Nasdaq’s contortions over stock weightings remind us to choose our indices carefully.
As my colleague Dave Nadig pointed out in his blog a couple of days ago, the compilers of the Nasdaq 100 index have got themselves in a muddle over stock concentration limits.
When the owners of the US stock exchange’s popular benchmark wanted to license it for use by exchange-traded fund providers back in the late 1990s — and, as Dave argues, which provider wouldn’t want to make money from his index in this way? — they faced a problem.
In order to keep an index-tracking ETF compliant with the US Internal Revenue Service’s diversification rules, which set a 25 percent upper limit for a single fund constituent, Nasdaq had to rejig its index rules, which until then had set stock weights according to company capitalisation. The reason? One stock — Microsoft — exceeded 25 percent of the benchmark back in 1998, and until they got its weighting down there was no way of launching an ETF on the Nasdaq 100 that wouldn’t be tax-disadvantaged.

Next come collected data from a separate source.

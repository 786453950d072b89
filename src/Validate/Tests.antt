-- ===== src/Validate/Tests.antt =====
-- A small network.
use nfvis.Prelude.{String, ◌+++◌, true, false, none, some, [], ◌∷◌, ◌≡◌, refl, any}
use nfvis.Model.{
  other, Config, Bond, InterfaceConfig, MgmtConfig, NatConfig, PortMirroring, SystemConfig,
  VirtualSwitch, VswitchPort,
}
use nfvis.Engine.Tests.Setup.{no_config, system_with}
use nfvis.Validate.Tables.{
  Texts, is_iface, is_vrf, is_acl, is_qos, any_iface, is_vm_vnic, is_ct_vnic, check_acl_ref,
  dup_from, is_vnic_name, l3_iface_exists,
}
use nfvis.Validate.Network.{
  check_interfaces, check_bonds, check_virtual_switches, check_vrfs, check_acls,
}
use nfvis.Validate.Services.{check_network}
use nfvis.Validate.Accepted.{IsAccepted, check_network-IsAccepted}
use nfvis.Validate.Ports.{
  conflict, counted, claim_all, check_port_role_exclusivity, check_management_isolation,
}
use nfvis.Validate.Roles.{used_ports}
use nfvis.Validate.Exclusive.{IsIsolated, check_ports-IsExclusive}
use nfvis.Orchestrator.Planned.Names.{IsUnique}

abbrev texts : Texts
texts = record {
  name_matches = λ s. true;
  port_matches = λ s. true;
  is_cidr = λ s. true;
  is_ip = λ s. true;
  cut_to = λ s. some (s, s);
  show = λ n. "n";
  before_dot = λ s. none;
  vnf_name = λ m n. m +++ n;
  memif_name = λ m n. m +++ n;
}

abbrev interface : String → InterfaceConfig
interface name = record {
  name = name;
  description = "";
  mtu = 1500;
  enabled = none;
  sriov = none;
  ingress_policy = "";
}

abbrev bond : Bond
bond = record { name = "bond0"; members = "ens1" ∷ []; lacp = none; mtu = 0; description = "" }

abbrev port : VswitchPort
port = record {
  seq = 0;
  interface = "bond0";
  vnf = "";
  vnf_interface = "";
  container = "";
  container_interface = "";
  trunk = 10 ∷ [];
  native = 0;
  acl_in = "";
  acl_out = "";
}

abbrev lan : VirtualSwitch
lan = record {
  name = "lan";
  type = "l2";
  description = "";
  vlan_access = 10;
  cross_connect = false;
  gateway = none;
  ports = port ∷ [];
}

abbrev mirror : PortMirroring
mirror = record {
  name = "tap";
  source = record { interface = "ens3"; vnf = ""; vnf_interface = ""; direction = "both" };
  analyzer = "ens4";
}

abbrev translation : NatConfig
translation = record {
  source_pools = record { name = "pool"; address_range = "10.0.0.2 to 10.0.0.9" } ∷ [];
  rules =
      record {
        seq = 10;
        match_source = "192.168.0.0/24";
        virtual_switch = "wan";
        action = record { source_pool = "pool"; interface = "ens2" };
      }
      ∷ [];
  static = [];
}

abbrev config : Config
config = record no_config {
  interfaces = interface "ens1" ∷ interface "ens2" ∷ interface "ens3" ∷ interface "ens4" ∷ [];
  bonds = bond ∷ [];
  virtual_switches =
      lan ∷ record lan { name = "wan"; type = "l3"; vlan_access = 0; ports = [] } ∷ [];
  nat = some translation;
  port_mirroring = mirror ∷ [];
  qos_policies = record { name = "slow"; cir = 1000; cbs = 100 } ∷ [];
  vrfs =
      record {
        name = "wan";
        description = "";
        l3_interfaces =
            record { interface = "ens2"; vlan = 0; addresses = "10.0.0.1/24" ∷ []; acl_in = "" }
            ∷ [];
        routes = [];
      }
      ∷ [];
}

check_network-IsAccepted_example : IsAccepted texts config
unfolding any is_iface is_vrf is_acl is_qos any_iface is_vm_vnic is_ct_vnic check_acl_ref dup_from
    is_vnic_name l3_iface_exists check_interfaces check_bonds check_virtual_switches check_vrfs
    check_acls check_network
check_network-IsAccepted_example = check_network-IsAccepted texts config refl

-- A bond over a port that is not declared is refused.
missing_member :
    check_bonds texts (record no_config { bonds = bond ∷ [] })
    ≡ record { path = "bonds[bond0].members"; message = other "成员口 %q 不是物理口" } ∷ []
unfolding any is_iface dup_from check_bonds
missing_member = refl

abbrev management : MgmtConfig
management = record { interface = "eth0"; address = ""; gateway = "" }

abbrev managed : SystemConfig
managed = record (system_with []) { management = some management }

check_ports-IsExclusive_example :
    IsUnique (λ n. n) (used_ports texts (record config { system = some managed }))
    × IsIsolated texts (record config { system = some managed }) "eth0"
unfolding any is_iface any_iface is_vnic_name l3_iface_exists counted claim_all
    check_port_role_exclusivity check_management_isolation
check_ports-IsExclusive_example =
    check_ports-IsExclusive texts (record config { system = some managed }) managed management refl
      refl refl refl refl

-- A port of a bond that a switch uses too is refused, and so is the port of the management.
port_of_two :
    check_port_role_exclusivity texts (record config {
      virtual_switches = record lan { ports = record port { interface = "ens1" } ∷ [] } ∷ [];
    })
    ≡ record { path = "virtual-switches[lan].ports[n].interface"; message = other conflict } ∷ []
unfolding any is_iface any_iface is_vnic_name l3_iface_exists claim_all check_port_role_exclusivity
port_of_two = refl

The exchange/index compiler got around the problem by imposing “adjustment factors”. These cut Microsoft’s weighting to below 20 percent, reduced the weighting of other large-caps (defined as those representing more than 1 percent of the index at the time) by the same proportion, and also boosted the weighting of the smaller companies in the benchmark.
Now, thirteen years later, Nasdaq’s index committee faces a new problem. As a result of the stock’s underperformance, Microsoft’s index weighting has happily shrunk over the years, so the company no longer threatens to break the 25 percent limit. But a new tech stock darling, Apple, has reached over 20 percent of the Nasdaq 100 and is heading towards the weighting ceiling.
Furthermore, the index weightings are now far from being an accurate reflection of market capitalisation. As a result of the 1998 imposition of adjustment factors, Apple’s index weight was boosted from 0.4 percent to around 0.9 percent. At the end of 1998, Microsoft’s weight had been cut from an unadjusted 22.5% to an adjusted 14.5%.
But by mid-2010, Apple and Microsoft, while having similar capitalisations overall, represented 20 percent and 4.3 percent of the index, respectively, purely as a result of the adjustment factors that they’d inherited from the late 1990s. In fact Nasdaq’s description of its index as “modified capitalisation-weighted” didn’t make sense at all.
Recognising the new imbalance in the index make-up, Nasdaq announced on Tuesday this week that it will conduct an extraordinary rebalancing in early May to bring stock weights back into line with actual market capitalisations. Apple’s weight will fall from 21 percent to 12 percent, correcting the largest weighting skew.
If all this seems arbitrary and confusing, that’s because it is. The way this particular index has been managed reminds you of a boat’s helmsman who can’t steer. A steady hand on the tiller keeps the boat moving in the same direction and at full speed; wild oversteer takes you off course and loses you ground in a race.
Nasdaq is not the only culprit in offering a benchmark that seems poorly designed for use in stock selection. If you’re new to indexing, you may be surprised to find out that the membership criteria for companies entering the world-famous S&P 500 and Dow Jones Industrial Average indices are also highly subjective.
The Dow’s components are chosen by an “averages committee” comprised of the managing editor of The Wall Street Journal, the head of Dow Jones Indexes research and the head of CME Group research.
Selection for the S&P 500 is also at the discretion of an index committee, the goal of which is “to ensure that the S&P 500 remains a leading indicator of US equities, reflecting the risk and return characteristics of the broader large cap universe on an ongoing basis”.
According to one well-founded analysis of the S&P 500 index committee’s stock picking record, the committee members are subject to the same style biases and drift as the average active manager. They boosted the index’s weighting in tech stocks during the bubble of the late nineties, only to remove several of the same names shortly thereafter; and they relaxed a longstanding prohibition on including holding companies in 2001, allowing lots of real estate investment trusts to be added to the index during the greatest real estate bubble in US history.
This hasn’t stopped the index from being used as the underlying benchmark for the largest ETF in the world, the SPDR S&P 500 ETF (which, at the latest count, had US$94 billion under management).
But amid all the euphoria over passive investing and the exchange-traded fund market’s growth rates, when you’re selecting a tracker product it’s worth casting a very sceptical eye over the index being used.
Index providers will license any methodology for money, and exchange-traded product issuers will sell pretty much any concept that can gain assets. But investors should stick to indices that have objective and clearly understandable rules, and above all rules that make investment sense.